■ WORK ORDER
For the listing below, output exactly the lines from the line with "(o : Result Error ℕ)" up to and including the line with "with_port (err e)", and no other lines.

▬▬▬▬▬▬▬▬▬▬

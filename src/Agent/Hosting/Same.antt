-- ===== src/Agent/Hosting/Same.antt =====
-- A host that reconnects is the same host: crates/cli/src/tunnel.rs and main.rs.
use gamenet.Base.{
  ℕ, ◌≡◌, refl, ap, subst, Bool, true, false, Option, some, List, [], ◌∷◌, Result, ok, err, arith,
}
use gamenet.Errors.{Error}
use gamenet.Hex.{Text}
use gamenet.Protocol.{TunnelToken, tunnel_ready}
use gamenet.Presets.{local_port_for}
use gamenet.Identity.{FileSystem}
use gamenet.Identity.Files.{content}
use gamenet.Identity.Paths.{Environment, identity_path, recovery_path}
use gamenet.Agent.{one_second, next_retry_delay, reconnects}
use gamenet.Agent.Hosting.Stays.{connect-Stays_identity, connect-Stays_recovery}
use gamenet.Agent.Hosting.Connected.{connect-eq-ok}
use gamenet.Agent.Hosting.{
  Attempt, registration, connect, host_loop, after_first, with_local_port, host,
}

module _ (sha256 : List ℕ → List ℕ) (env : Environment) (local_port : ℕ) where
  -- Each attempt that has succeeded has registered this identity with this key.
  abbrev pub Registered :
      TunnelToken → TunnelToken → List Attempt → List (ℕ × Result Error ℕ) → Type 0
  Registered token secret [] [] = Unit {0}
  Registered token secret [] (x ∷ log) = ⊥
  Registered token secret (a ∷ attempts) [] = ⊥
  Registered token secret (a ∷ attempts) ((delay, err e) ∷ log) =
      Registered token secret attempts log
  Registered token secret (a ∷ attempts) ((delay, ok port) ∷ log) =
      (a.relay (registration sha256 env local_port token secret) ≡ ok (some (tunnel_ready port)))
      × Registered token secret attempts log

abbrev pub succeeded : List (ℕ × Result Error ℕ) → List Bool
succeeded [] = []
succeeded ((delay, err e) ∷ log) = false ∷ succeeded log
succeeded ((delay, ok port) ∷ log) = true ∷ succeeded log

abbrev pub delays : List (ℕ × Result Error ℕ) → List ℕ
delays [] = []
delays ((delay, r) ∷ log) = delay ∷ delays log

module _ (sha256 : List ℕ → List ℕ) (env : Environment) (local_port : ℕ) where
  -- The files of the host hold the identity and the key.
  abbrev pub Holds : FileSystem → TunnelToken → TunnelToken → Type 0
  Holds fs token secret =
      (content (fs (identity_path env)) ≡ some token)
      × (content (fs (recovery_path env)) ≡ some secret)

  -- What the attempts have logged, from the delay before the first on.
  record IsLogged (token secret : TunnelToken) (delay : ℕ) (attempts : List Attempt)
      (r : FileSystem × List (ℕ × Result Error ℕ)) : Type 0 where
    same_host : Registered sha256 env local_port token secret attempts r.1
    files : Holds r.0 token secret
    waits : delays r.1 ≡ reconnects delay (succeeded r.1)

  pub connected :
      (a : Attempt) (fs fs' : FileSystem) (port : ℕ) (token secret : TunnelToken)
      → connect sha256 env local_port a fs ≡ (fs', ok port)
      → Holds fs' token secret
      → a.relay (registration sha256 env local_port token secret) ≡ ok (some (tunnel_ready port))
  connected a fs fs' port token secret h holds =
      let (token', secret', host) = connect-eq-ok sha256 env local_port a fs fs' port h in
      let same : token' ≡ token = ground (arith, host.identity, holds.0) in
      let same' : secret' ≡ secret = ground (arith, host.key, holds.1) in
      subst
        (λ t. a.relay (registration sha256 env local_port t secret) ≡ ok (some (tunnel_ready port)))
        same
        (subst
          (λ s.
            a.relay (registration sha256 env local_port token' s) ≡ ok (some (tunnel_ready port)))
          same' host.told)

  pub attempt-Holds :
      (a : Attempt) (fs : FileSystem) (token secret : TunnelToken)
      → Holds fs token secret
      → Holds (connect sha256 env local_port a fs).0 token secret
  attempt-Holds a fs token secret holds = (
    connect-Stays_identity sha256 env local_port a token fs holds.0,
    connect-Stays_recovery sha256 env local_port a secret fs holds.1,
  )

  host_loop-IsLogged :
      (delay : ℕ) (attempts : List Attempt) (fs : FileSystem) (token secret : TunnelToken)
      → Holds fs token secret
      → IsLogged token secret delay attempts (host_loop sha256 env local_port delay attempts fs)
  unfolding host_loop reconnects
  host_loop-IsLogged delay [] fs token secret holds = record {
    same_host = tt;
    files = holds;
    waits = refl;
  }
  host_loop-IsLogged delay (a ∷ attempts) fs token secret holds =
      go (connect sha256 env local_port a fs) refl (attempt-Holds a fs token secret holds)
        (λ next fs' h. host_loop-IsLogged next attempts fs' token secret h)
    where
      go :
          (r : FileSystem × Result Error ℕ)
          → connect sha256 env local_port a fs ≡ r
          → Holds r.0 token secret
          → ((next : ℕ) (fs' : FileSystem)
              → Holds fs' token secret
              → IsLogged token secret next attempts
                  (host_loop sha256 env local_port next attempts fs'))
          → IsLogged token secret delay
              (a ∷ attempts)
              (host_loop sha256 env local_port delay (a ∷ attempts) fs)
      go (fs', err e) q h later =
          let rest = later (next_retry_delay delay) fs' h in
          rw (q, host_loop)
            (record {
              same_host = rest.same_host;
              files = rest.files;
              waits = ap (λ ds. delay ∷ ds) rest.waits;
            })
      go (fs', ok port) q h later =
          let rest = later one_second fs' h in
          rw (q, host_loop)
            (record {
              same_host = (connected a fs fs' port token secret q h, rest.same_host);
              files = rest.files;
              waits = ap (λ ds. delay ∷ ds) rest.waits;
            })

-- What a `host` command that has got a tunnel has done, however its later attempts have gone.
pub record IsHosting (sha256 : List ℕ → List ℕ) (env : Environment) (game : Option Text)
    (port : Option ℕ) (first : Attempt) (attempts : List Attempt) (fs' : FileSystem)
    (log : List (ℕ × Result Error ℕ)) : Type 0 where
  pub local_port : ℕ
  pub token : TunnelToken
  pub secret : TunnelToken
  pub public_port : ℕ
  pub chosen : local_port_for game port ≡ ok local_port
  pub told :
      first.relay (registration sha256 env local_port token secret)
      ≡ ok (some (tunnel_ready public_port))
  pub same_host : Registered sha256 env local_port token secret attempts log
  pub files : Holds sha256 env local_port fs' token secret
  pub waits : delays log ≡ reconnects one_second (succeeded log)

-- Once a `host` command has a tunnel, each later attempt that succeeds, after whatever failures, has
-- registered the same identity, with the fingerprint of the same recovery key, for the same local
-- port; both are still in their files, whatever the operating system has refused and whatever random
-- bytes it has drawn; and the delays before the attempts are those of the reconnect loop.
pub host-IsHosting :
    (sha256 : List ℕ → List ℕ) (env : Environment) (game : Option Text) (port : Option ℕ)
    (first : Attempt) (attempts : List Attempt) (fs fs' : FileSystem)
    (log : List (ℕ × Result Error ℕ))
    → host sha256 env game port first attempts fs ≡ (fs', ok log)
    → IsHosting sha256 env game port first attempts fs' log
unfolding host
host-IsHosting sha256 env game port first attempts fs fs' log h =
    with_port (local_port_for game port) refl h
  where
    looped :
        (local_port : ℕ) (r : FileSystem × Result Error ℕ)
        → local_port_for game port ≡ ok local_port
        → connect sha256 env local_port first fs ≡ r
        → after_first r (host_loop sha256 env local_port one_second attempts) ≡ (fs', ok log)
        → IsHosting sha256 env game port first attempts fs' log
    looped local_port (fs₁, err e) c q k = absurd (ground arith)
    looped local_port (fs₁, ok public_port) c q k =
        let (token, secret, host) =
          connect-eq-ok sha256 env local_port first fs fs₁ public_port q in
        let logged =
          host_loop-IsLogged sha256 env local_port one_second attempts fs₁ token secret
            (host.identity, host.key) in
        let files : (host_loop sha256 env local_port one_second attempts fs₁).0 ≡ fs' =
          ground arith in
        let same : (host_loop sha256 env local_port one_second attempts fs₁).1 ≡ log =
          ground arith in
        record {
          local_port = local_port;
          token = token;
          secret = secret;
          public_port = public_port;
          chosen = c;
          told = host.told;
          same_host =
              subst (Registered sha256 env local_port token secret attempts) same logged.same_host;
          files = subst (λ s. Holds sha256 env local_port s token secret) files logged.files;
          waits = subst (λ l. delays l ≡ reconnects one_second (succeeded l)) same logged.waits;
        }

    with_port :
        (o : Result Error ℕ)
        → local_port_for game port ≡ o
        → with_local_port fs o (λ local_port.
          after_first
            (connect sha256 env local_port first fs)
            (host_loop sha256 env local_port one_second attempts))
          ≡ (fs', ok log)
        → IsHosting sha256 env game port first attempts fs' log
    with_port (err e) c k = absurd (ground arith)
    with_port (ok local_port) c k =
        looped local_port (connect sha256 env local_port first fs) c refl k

▬▬▬▬▬▬▬▬▬▬

■ ANSWER SECTION
        (o : Result Error ℕ)
        → local_port_for game port ≡ o
        → with_local_port fs o (λ local_port.
          after_first
            (connect sha256 env local_port first fs)
            (host_loop sha256 env local_port one_second attempts))
          ≡ (fs', ok log)
        → IsHosting sha256 env game port first attempts fs' log
    with_port (err e) c k = absurd (ground arith)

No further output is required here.